Javier Jair Córdoba, de 28 años, la persona que manejaba el vehículo, sufrió lesiones de consideración y se encuentra hospitalizado. Su condición de salud es delicada.

Los médicos informaron que Erick llegó sin signos vitales al Hospital San Miguel Arcángel, lugar donde fue trasladado por un primo, quien lo sacó del vehículo: una camioneta Hyundai Tucson matriculada 286174; después lo cargó en los brazos y lo trasladó en un vehículo al recinto médico, informó el progenitor.

La otra cara de la historia fue el milagro de la familia González, que viajaba en el otro vehículo involucrado: un Toyota Yaris matriculado 376502.

A pesar de que iban cinco ocupantes, y que el vehículo se incendió, lograron salir a tiempo y resultaron ilesos.

Una versión extraoficial indica que ambos carros impactaron y que uno se estrelló contra la parada de buses.

Hasta donde se sabe, viajaban cinco ocupantes de la familia González, entre ellos un infante de 2 años de nacido.

Allí, en pleno sol de agosto, el padre de Erick intenta sobreponerse a la muerte de sus hijos, desde que vino a los pies de Cristo.

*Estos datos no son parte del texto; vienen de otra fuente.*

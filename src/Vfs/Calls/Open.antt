-- ===== src/Vfs/Calls/Open.antt =====
-- `fd_openat` of kernel/fs/fd.c up to the node that is opened, and `ramfs_create`.
use pastoral.Base.{
  ℕ, zero, suc, ◌+◌, true, false, not, ◌&&◌, Option, none, some, List, [], ◌∷◌, length, get_elem?,
  ltb, ◌==◌, if◌then◌else◌, ◌>>=◌, bit_and, bit_or, complement,
}
use pastoral.Process.{
  Reply, ret, fail, minus_one, eacces, eexist, einval, eisdir, enametoolong, enoent,
}
use pastoral.Fd.{Stat, is_kind, s_ifdir, o_accmode, o_rdonly, o_wronly, o_rdwr}
use pastoral.Fd.Access.{stat_has_access, x_ok, r_ok, w_ok, mode_bits}
use pastoral.Vfs.{Vfs, stat_of, vfs_search_absolute, slash}
use pastoral.Vfs.Create.{vfs_default_asset, vfs_create_node}
use pastoral.Vfs.Calls.{Caller, tests, user_dir_lookup, put_stat}

abbrev pub o_creat : ℕ
o_creat = 0x10

abbrev pub o_directory : ℕ
o_directory = 0x20

abbrev pub o_excl : ℕ
o_excl = 0x40

abbrev pub o_trunc : ℕ
o_trunc = 0x200

-- `find_last_char` from index `i` on: twice the first index of the byte, 0 if there is none.
unfoldable pub find_last_char : ℕ → ℕ → List ℕ → ℕ
find_last_char c i [] = 0
find_last_char c i (d ∷ s) = let rest = find_last_char c (i + 1) s in if d == c then i + i else rest

-- `path + n`; `none` behind the terminator.
unfoldable pub tail_from : ℕ → List ℕ → Option (List ℕ)
tail_from zero s = some s
tail_from (suc n) [] = none
tail_from (suc n) (c ∷ s) = tail_from n s

-- `ramfs_create`, without the inode and its buffer.
unfoldable pub ramfs_create : ℕ → List ℕ → ℕ → Vfs → Option (ℕ × Vfs)
unfolding vfs_create_node vfs_default_asset
ramfs_create parent name mode v =
    let (asset, v₁) = vfs_default_asset mode v in
    do p ← get_elem? v.nodes parent; vfs_create_node (some parent) asset p.filesystem name false v₁

-- What the access mode of `flags` asks for; `none` is EINVAL.
unfoldable pub access_of : ℕ → Option ℕ
access_of flags =
    let mode = bit_and flags o_accmode in
    if mode == o_rdonly
    then some r_ok
    else if mode == o_wronly
    then some w_ok
    else if mode == o_rdwr
    then some (bit_or r_ok w_ok)
    else none

-- The ids of a new file: the effective group id goes to `st_uid` unless the directory has S_ISGID.
unfoldable pub own_file : Caller → Stat → Stat → Stat
own_file c directory s =
    let s₁ : Stat = record s { st_uid = c.creds.effective_uid } in
    if tests directory.st_mode 0x400
    then record s₁ { st_gid = directory.st_gid }
    else record s₁ { st_uid = c.creds.effective_gid }

-- The branch of O_CREAT for a path that leads to no node.
unfoldable pub create_file : ℕ → List ℕ → ℕ → Caller → Vfs → Option (Reply × Vfs)
unfolding stat_has_access ramfs_create own_file find_last_char tail_from put_stat
create_file dir path mode c v = do
  d ← get_elem? v.nodes dir
  stat ← stat_of v d
  if not (stat_has_access stat c.creds.effective_uid c.creds.effective_gid (bit_or w_ok x_ok))
      then some (fail eacces, v)
      else (do
        name ← tail_from (find_last_char slash 0 path) path
        (i, v₁) ← ramfs_create dir name (bit_or 0x8000 (bit_and mode (complement 32 c.umask))) v
        v₂ ← put_stat i (own_file c stat) v₁
        some (ret i, v₂))

-- The checks on the node that was found or made.
unfoldable pub open_node : ℕ → ℕ → ℕ → Caller → Vfs → Option (Reply × Vfs)
unfolding stat_has_access
open_node i flags access c v = do
  n ← get_elem? v.nodes i
  stat ← stat_of v n
  if not (tests flags o_directory) && is_kind s_ifdir stat
      then some (fail eisdir, v)
      else if not (stat_has_access stat c.creds.effective_uid c.creds.effective_gid access)
      then some (fail eacces, v)
      else some (ret i, v)

-- `fd_openat` up to the node.
unfoldable pub fd_openat_node : ℕ → ℕ → List ℕ → ℕ → ℕ → Caller → Vfs → Option (Reply × Vfs)
unfolding access_of user_dir_lookup vfs_search_absolute create_file open_node
fd_openat_node fuel dirfd path flags₀ mode₀ c v =
    let mode = bit_and mode₀ mode_bits in
    let flags = if bit_and flags₀ o_accmode == 0 then bit_or flags₀ o_rdonly else flags₀ in
    if ltb 4096 (length path) then some (fail enametoolong, v) else elim (access_of flags) [
      | none ↦ some (fail einval, v)
      | some access ↦
          if tests flags o_trunc && not (tests access w_ok)
          then some (fail einval, v)
          else elim (user_dir_lookup dirfd path c v) [
            | fail e ↦ some (fail e, v)
            | minus_one ↦ some (minus_one, v)
            | ret dir ↦ (do
              found ← vfs_search_absolute fuel v (some dir) path true
              elim found [
                | none ↦
                    if tests flags o_creat
                    then (do
                      (reply, v') ← create_file dir path mode c v
                      elim reply [
                        | ret i ↦ open_node i flags access c v'
                        | fail e ↦ some (fail e, v')
                        | minus_one ↦ some (minus_one, v')
                      ])
                    else some (fail enoent, v)
                | some i ↦
                    if tests flags o_creat && tests flags o_excl
                    then some (fail eexist, v)
                    else open_node i flags access c v
              ])
          ]
    ]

Habló de la Justicia Divina.

Y es que hace tres años, otro de sus hijos fue asesinado en Santa Marta, en San Miguelito. Allí el joven agonizaba y nadie le dio los primeros auxilios.

La gente no le ayudó porque se teme dar los primeros auxilios, ya que luego también son investigados, aunque solo se colabora con el prójimo, el cual pasa por un percance los últimos minutos de su vida.

Sobre ese homicidio, la justicia le pidió que presentara una denuncia, pero él rehusó porque era incapaz de acusar a una persona sin haber estado presente.

Hubo malestar por las autoridades al momento del homicidio y prefirió dejarlo todo en manos de Dios.

Días antes de la nota, recibió la noticia de que los responsables del crimen habían sido condenados.

La justicia del hombre falla, pero la de Dios no. Esa tarda, pero es efectiva.

La familia Ortega Valdez, ambos cónyuges, tienen 16 años en el evangelio.

Cifras

La Dirección de Operaciones del Tránsito de la Policía Nacional indica que en lo que va del año han fallecido 275 personas por accidentes de tránsito.

Van 39 muertes más en comparación con las registradas el año pasado.